Directions for this task:
The entries below should be copied exactly and completely.

Available data:
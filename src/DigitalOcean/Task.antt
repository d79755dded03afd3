-- ===== src/DigitalOcean/Task.antt =====
-- petri/core/provider/digitalocean/task.go, droplet.go and tailscale.go: the operations of one task. A
-- poll loop takes fuel, one unit for each poll; its deadline is counted by `expired`. Files on the droplet
-- and the dialers are not here; `Modify` and `DownloadDir` panic in the source.
use Prim.Native.String.{◌++◌ as append}
use ironbird.Base.{
  ℕ, zero, suc, String, Bool, true, false, not, Option, none, some, List, [], ◌∷◌, str_eq,
  if◌then◌else◌,
}
use ironbird.Base.Action.{Result, ok, err, pure, raise, lift, gets, modify, ◌>>=◌, ◌>>◌}
use ironbird.Definition.{TaskStatus, running, stopped}
use ironbird.Docker.Types.{delete}
use ironbird.Docker.Task.{status_of, same_status}
use ironbird.DigitalOcean.Types.{
  World, DigitalOcean, Task, Cloud, Error, no_peer, no_address, bad_task_id, no_container,
  timed_out, out_of_fuel, Peer, Droplet, Daemon, get_droplet, delete_droplet, tailscale_status,
  ping, close, container_list, container_start, container_stop, container_inspect, sleep, request,
  update_cell,
}

unfoldable pub find_peer : String → List Peer → Result Error Peer
find_peer host [] = err no_peer
find_peer host (p ∷ ps) = if str_eq p.host_name host then ok p else find_peer host ps

abbrev pub first_address : List String → Result Error String
first_address [] = err no_address
first_address (ip ∷ ips) = ok ip

-- A list of exactly one container.
abbrev pub only_container : List String → Result Error String
only_container (id ∷ []) = ok id
only_container _ = err no_container

abbrev pub to_id : Option ℕ → Result Error ℕ
to_id none = err bad_task_id
to_id (some n) = ok n

unfoldable pub set_status : ℕ → TaskStatus → World → World
unfolding update_cell
set_status t s w = record w { cells = update_cell w.cells t (record (w.cells t) { status = s }) }

-- p.removeTask
unfoldable pub remove_task : String → World → World
remove_task id w = record w {
  provider = record w.provider { task_states = delete id w.provider.task_states };
}

module _ (c : Cloud) where
  unfoldable pub get_tailscale_peer : ℕ → DigitalOcean Peer
  unfolding find_peer
  get_tailscale_peer t = do
    peers ← request c tailscale_status
    host ← gets (λ w. (w.cells t).tailscale_hostname)
    lift (find_peer host peers)

  unfoldable pub get_ip : ℕ → DigitalOcean String
  unfolding get_tailscale_peer
  get_ip t = do peer ← get_tailscale_peer t; lift (first_address peer.addresses)

  unfoldable pub get_external_address : ℕ → String → DigitalOcean String
  unfolding get_ip
  get_external_address t port = do addr ← get_ip t; pure (append addr (append ":" port))

  unfoldable pub droplet_of : ℕ → DigitalOcean Droplet
  droplet_of t = do
    id ← gets (λ w. c.atoi (w.cells t).id)
    n ← lift (to_id id)
    request c (get_droplet n)

  unfoldable pub get_private_ip : ℕ → DigitalOcean String
  unfolding droplet_of
  get_private_ip t = do d ← droplet_of t; lift d.private_ip

  unfoldable pub container_of : Daemon → DigitalOcean String
  container_of d = do ids ← request c (container_list d); lift (only_container ids)

  unfoldable pub get_status : Task → DigitalOcean TaskStatus
  unfolding droplet_of container_of status_of
  get_status t = do
    d ← droplet_of t.cell
    (if not (str_eq d.status "active") then pure stopped else (do
      id ← container_of t.daemon
      info ← request c (container_inspect t.daemon id)
      pure (status_of info.status)))

  -- util.WaitForCondition: the deadline, the pause, and then the condition.
  unfoldable pub wait_for_condition : ℕ → ℕ → ℕ → DigitalOcean Bool → DigitalOcean (Unit {0})
  wait_for_condition zero deadline pause condition = raise out_of_fuel
  wait_for_condition (suc fuel) deadline pause condition = do
    let rest = wait_for_condition fuel deadline pause condition
    over ← gets (λ w. c.expired w.log deadline)
    (if over
        then raise timed_out
        else (do request c (sleep pause); reached ← condition; (if reached then pure tt else rest)))

  unfoldable pub is_running : Task → DigitalOcean Bool
  unfolding get_status set_status
  is_running t = do
    s ← get_status t
    (if same_status s running
        then (do modify (set_status t.cell running); pure true)
        else pure false)

  unfoldable pub start : ℕ → Task → DigitalOcean (Unit {0})
  unfolding container_of wait_for_condition is_running
  start fuel t = do
    id ← container_of t.daemon
    request c (container_start t.daemon id)
    wait_for_condition fuel 300000 100 (is_running t)

  -- The status is recorded before the container is stopped.
  unfoldable pub stop : Task → DigitalOcean (Unit {0})
  unfolding container_of set_status
  stop t = do
    id ← container_of t.daemon
    modify (set_status t.cell stopped)
    request c (container_stop t.daemon id)

  unfoldable pub delete_own_droplet : ℕ → DigitalOcean (Unit {0})
  unfolding droplet_of
  delete_own_droplet t = do d ← droplet_of t; request c (delete_droplet d.id)

  unfoldable pub destroy_steps : ℕ → DigitalOcean (Unit {0})
  unfolding delete_own_droplet remove_task
  destroy_steps t = do
    delete_own_droplet t
    id ← gets (λ w. (w.cells t).id)
    modify (remove_task id)

  -- The Docker client is closed at the end, whatever happened.
  unfoldable pub destroy : Task → DigitalOcean (Unit {0})
  unfolding destroy_steps request
  destroy t w =
      ((destroy_steps t.cell w).0, (request c (close t.daemon) (destroy_steps t.cell w).1).1)

  -- A round of the wait for the Docker daemon.
  unfoldable pub docker_started : Task → DigitalOcean Bool
  unfolding droplet_of get_ip request
  docker_started t = do
    d ← droplet_of t.cell
    (if not (str_eq d.status "active") then pure false else (do
      get_ip t.cell
      λ w. (
        elim (c.answer w.log (ping t.daemon)) [ ok u ↦ ok true | err e ↦ ok false ],
        (request c (ping t.daemon) w).1,
      )))

  unfoldable pub wait_for_docker_start : ℕ → Task → DigitalOcean (Unit {0})
  unfolding wait_for_condition docker_started
  wait_for_docker_start fuel t = wait_for_condition fuel 600000 300 (docker_started t)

Answer box:
filename src/DigitalOcean/Task.antt
repository d79755dded03afd3
-- ===== src/DigitalOcean/Task.antt =====
-- petri/core/provider/digitalocean/task.go, droplet.go and tailscale.go: the operations of one task. A
-- poll loop takes fuel, one unit for each poll; its deadline is counted by `expired`. Files on the droplet
-- and the dialers are not here; `Modify` and `DownloadDir` panic in the source.
use Prim.Native.String.{◌++◌ as append}
use ironbird.Base.{
  ℕ, zero, suc, String, Bool, true, false, not, Option, none, some, List, [], ◌∷◌, str_eq,
  if◌then◌else◌,
}
use ironbird.Base.Action.{Result, ok, err, pure, raise, lift, gets, modify, ◌>>=◌, ◌>>◌}
use ironbird.Definition.{TaskStatus, running, stopped}
use ironbird.Docker.Types.{delete}
use ironbird.Docker.Task.{status_of, same_status}
use ironbird.DigitalOcean.Types.{
  World, DigitalOcean, Task, Cloud, Error, no_peer, no_address, bad_task_id, no_container,
  timed_out, out_of_fuel, Peer, Droplet, Daemon, get_droplet, delete_droplet, tailscale_status,
  ping, close, container_list, container_start, container_stop, container_inspect, sleep, request,
  update_cell,
}

unfoldable pub find_peer : String → List Peer → Result Error Peer
find_peer host [] = err no_peer
find_peer host (p ∷ ps) = if str_eq p.host_name host then ok p else find_peer host ps

abbrev pub first_address : List String → Result Error String
first_address [] = err no_address
first_address (ip ∷ ips) = ok ip

-- A list of exactly one container.
abbrev pub only_container : List String → Result Error String
only_container (id ∷ []) = ok id
only_container _ = err no_container

abbrev pub to_id : Option ℕ → Result Error ℕ
to_id none = err bad_task_id
to_id (some n) = ok n

unfoldable pub set_status : ℕ → TaskStatus → World → World
unfolding update_cell
set_status t s w = record w { cells = update_cell w.cells t (record (w.cells t) { status = s }) }

-- p.removeTask
unfoldable pub remove_task : String → World → World
remove_task id w = record w {
  provider = record w.provider { task_states = delete id w.provider.task_states };
}

module _ (c : Cloud) where
  unfoldable pub get_tailscale_peer : ℕ → DigitalOcean Peer
  unfolding find_peer
  get_tailscale_peer t = do
    peers ← request c tailscale_status
    host ← gets (λ w. (w.cells t).tailscale_hostname)
    lift (find_peer host peers)

  unfoldable pub get_ip : ℕ → DigitalOcean String
  unfolding get_tailscale_peer
  get_ip t = do peer ← get_tailscale_peer t; lift (first_address peer.addresses)

  unfoldable pub get_external_address : ℕ → String → DigitalOcean String
  unfolding get_ip
  get_external_address t port = do addr ← get_ip t; pure (append addr (append ":" port))

  unfoldable pub droplet_of : ℕ → DigitalOcean Droplet
  droplet_of t = do
    id ← gets (λ w. c.atoi (w.cells t).id)
    n ← lift (to_id id)
    request c (get_droplet n)

  unfoldable pub get_private_ip : ℕ → DigitalOcean String
  unfolding droplet_of
  get_private_ip t = do d ← droplet_of t; lift d.private_ip

  unfoldable pub container_of : Daemon → DigitalOcean String
  container_of d = do ids ← request c (container_list d); lift (only_container ids)

  unfoldable pub get_status : Task → DigitalOcean TaskStatus
  unfolding droplet_of container_of status_of
  get_status t = do
    d ← droplet_of t.cell
    (if not (str_eq d.status "active") then pure stopped else (do
      id ← container_of t.daemon
      info ← request c (container_inspect t.daemon id)
      pure (status_of info.status)))

  -- util.WaitForCondition: the deadline, the pause, and then the condition.
  unfoldable pub wait_for_condition : ℕ → ℕ → ℕ → DigitalOcean Bool → DigitalOcean (Unit {0})
  wait_for_condition zero deadline pause condition = raise out_of_fuel
  wait_for_condition (suc fuel) deadline pause condition = do
    let rest = wait_for_condition fuel deadline pause condition
    over ← gets (λ w. c.expired w.log deadline)
    (if over
        then raise timed_out
        else (do request c (sleep pause); reached ← condition; (if reached then pure tt else rest)))

  unfoldable pub is_running : Task → DigitalOcean Bool
  unfolding get_status set_status
  is_running t = do
    s ← get_status t
    (if same_status s running
        then (do modify (set_status t.cell running); pure true)
        else pure false)

  unfoldable pub start : ℕ → Task → DigitalOcean (Unit {0})
  unfolding container_of wait_for_condition is_running
  start fuel t = do
    id ← container_of t.daemon
    request c (container_start t.daemon id)
    wait_for_condition fuel 300000 100 (is_running t)

  -- The status is recorded before the container is stopped.
  unfoldable pub stop : Task → DigitalOcean (Unit {0})
  unfolding container_of set_status
  stop t = do
    id ← container_of t.daemon
    modify (set_status t.cell stopped)
    request c (container_stop t.daemon id)

  unfoldable pub delete_own_droplet : ℕ → DigitalOcean (Unit {0})
  unfolding droplet_of
  delete_own_droplet t = do d ← droplet_of t; request c (delete_droplet d.id)

  unfoldable pub destroy_steps : ℕ → DigitalOcean (Unit {0})
  unfolding delete_own_droplet remove_task
  destroy_steps t = do
    delete_own_droplet t
    id ← gets (λ w. (w.cells t).id)
    modify (remove_task id)

  -- The Docker client is closed at the end, whatever happened.
  unfoldable pub destroy : Task → DigitalOcean (Unit {0})
  unfolding destroy_steps request
  destroy t w =
      ((destroy_steps t.cell w).0, (request c (close t.daemon) (destroy_steps t.cell w).1).1)

  -- A round of the wait for the Docker daemon.
  unfoldable pub docker_started : Task → DigitalOcean Bool
  unfolding droplet_of get_ip request
  docker_started t = do
    d ← droplet_of t.cell
    (if not (str_eq d.status "active") then pure false else (do
      get_ip t.cell
      λ w. (
        elim (c.answer w.log (ping t.daemon)) [ ok u ↦ ok true | err e ↦ ok false ],
        (request c (ping t.daemon) w).1,
      )))

  unfoldable pub wait_for_docker_start : ℕ → Task → DigitalOcean (Unit {0})
  unfolding wait_for_condition docker_started
  wait_for_docker_start fuel t = wait_for_condition fuel 600000 300 (docker_started t)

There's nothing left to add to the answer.